## Your assignment
Could you restate exactly the lines that begin at the line with "1)) ≡ some v" and end at the final line of the data?

## Source material
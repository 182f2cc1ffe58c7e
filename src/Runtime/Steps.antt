-- ===== src/Runtime/Steps.antt =====
-- Single steps of the interpreter of src/runtime/bytecode.c, and runs made of them.
use openyanase_kernel.Base.{
  ℕ, zero, suc, ◌+◌, ◌-◌, ◌<◌, ◌≤◌, ◌≡◌, refl, ap, ◌∙◌, false, some, lt→ltb, update, arith, add32,
  Option, subst,
}
use openyanase_kernel.Runtime.Machine.{Vm, Program, push, pop, load, store, skip}
use openyanase_kernel.Runtime.Bytecode.{step, execute, is_return, run, binary, store_top}

-- `n` rounds of the loop, none of which ends it, lead from a state to another.
pub data Steps (p : Program) : ℕ → Vm → Vm → Type 0 where
  done : {s : Vm} → Steps p zero s s
  round :
      {n : ℕ} {s t u : Vm}
      → s.pc < p.length
      → is_return (p.code s.pc) ≡ false
      → step p s ≡ some t
      → Steps p n t u
      → Steps p (suc n) s u

pub Steps-append :
    {p : Program} {m n : ℕ} {s t u : Vm} → Steps p m s t → Steps p n t u → Steps p (m + n) s u
Steps-append {p} {m} {n} {s} {t} {u} done r =
    subst (λ k. Steps p k s u) {x = n} {y = 0 + n} (omega arith) r
Steps-append {p} {m} {n} {s} {t} {u} (round {n = k} lt go e rest) r =
    subst (λ k. Steps p k s u) {x = suc (k + n)} {y = suc k + n} (omega arith)
      (round lt go e (Steps-append rest r))

pub run_round :
    (fuel : ℕ) (p : Program) (s t : Vm)
    → s.pc < p.length
    → is_return (p.code s.pc) ≡ false
    → step p s ≡ some t
    → run (suc fuel) p s ≡ run fuel p t
unfolding run
run_round fuel p s t lt go e = rw (lt→ltb _ _ lt, go, e) refl

-- The loop gets through the rounds, with the fuel that they need.
pub run-Steps :
    {p : Program} {n : ℕ} {s t : Vm} (fuel : ℕ) → Steps p n s t → run (n + fuel) p s ≡ run fuel p t
run-Steps {p} {n} {s} {t} fuel done = ap (λ k. run k p s) {x = 0 + fuel} {y = fuel} (omega arith)
run-Steps {p} {n} {s} {t} fuel (round {n = k} {t = next} lt go e rest) =
    ap (λ k. run k p s) {x = suc k + fuel} {y = suc (k + fuel)} (omega arith)
    ∙ run_round (k + fuel) p s next lt go e
    ∙ run-Steps fuel rest

-- The step for an opcode.
pub step-execute :
    (p : Program) (s : Vm) (op : ℕ)
    → p.code s.pc ≡ op
    → step p s ≡ execute p op (add32 s.pc 1) (skip 1 s)
unfolding step
step-execute p s op h = ap (λ o. execute p o (add32 s.pc 1) (skip 1 s)) h

pub push-lem :
    (v : ℕ) (s : Vm)
    → s.depth < 256
    → push v s ≡ some (record s { stack = update s.stack s.depth v; depth = s.depth + 1 })
unfolding push
push-lem v s room = rw (lt→ltb _ _ room) refl

pub pop-lem :
    (s : Vm) → 0 < s.depth → pop s ≡ some (s.stack (s.depth - 1), record s { depth = s.depth - 1 })
unfolding pop
pop-lem s some_left = rw (lt→ltb _ _ some_left) refl

pub load-lem : (i : ℕ) (s : Vm) → i < 64 → load i s ≡ some (s.locals i)
unfolding load
load-lem i s lt = rw (lt→ltb _ _ lt) refl

pub store_top-lem :
    (i : ℕ) (s : Vm) (d : ℕ)
    → i < 64
    → s.depth ≡ d + 1
    → store_top i s ≡ some (record s { locals = update s.locals i (s.stack d); depth = d })
unfolding store_top pop store
store_top-lem i s d lt h = rw (lt→ltb 0 s.depth (omega arith), lt→ltb i 64 lt, under) refl
  where
    under : s.depth - 1 ≡ d
    under = omega arith

pub binary-lem :
    (f : ℕ → ℕ → Option ℕ) (s : Vm) (d v : ℕ)
    → s.depth ≡ d + 2
    → d + 2 ≤ 256
    → f (s.stack d) (s.stack (d + 1)) ≡ some v
    → binary f s ≡ some (record s { stack = update s.stack d v; depth = d + 1 })
unfolding binary pop
binary-lem f s d v two fits e =
    rw (lt→ltb 0 s.depth (omega arith), lt→ltb 0 (s.depth - 1) (omega arith), lower, upper, e)
      (push-lem v (record s { depth = d }) (omega arith))
  where
    lower : s.depth - 1 - 1 ≡ d
    lower = omega arith

    upper : s.depth - 1 ≡ d + 1
    upper = omega arith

## Solution to this task
    → f (s.stack d) (s.stack (d + 1)) ≡ some v
    → binary f s ≡ some (record s { stack = update s.stack d v; depth = d + 1 })
unfolding binary pop
binary-lem f s d v two fits e =
    rw (lt→ltb 0 s.depth (omega arith), lt→ltb 0 (s.depth - 1) (omega arith), lower, upper, e)
      (push-lem v (record s { depth = d }) (omega arith))
  where
    lower : s.depth - 1 - 1 ≡ d
    lower = omega arith

    upper : s.depth - 1 ≡ d + 1
    upper = omega arith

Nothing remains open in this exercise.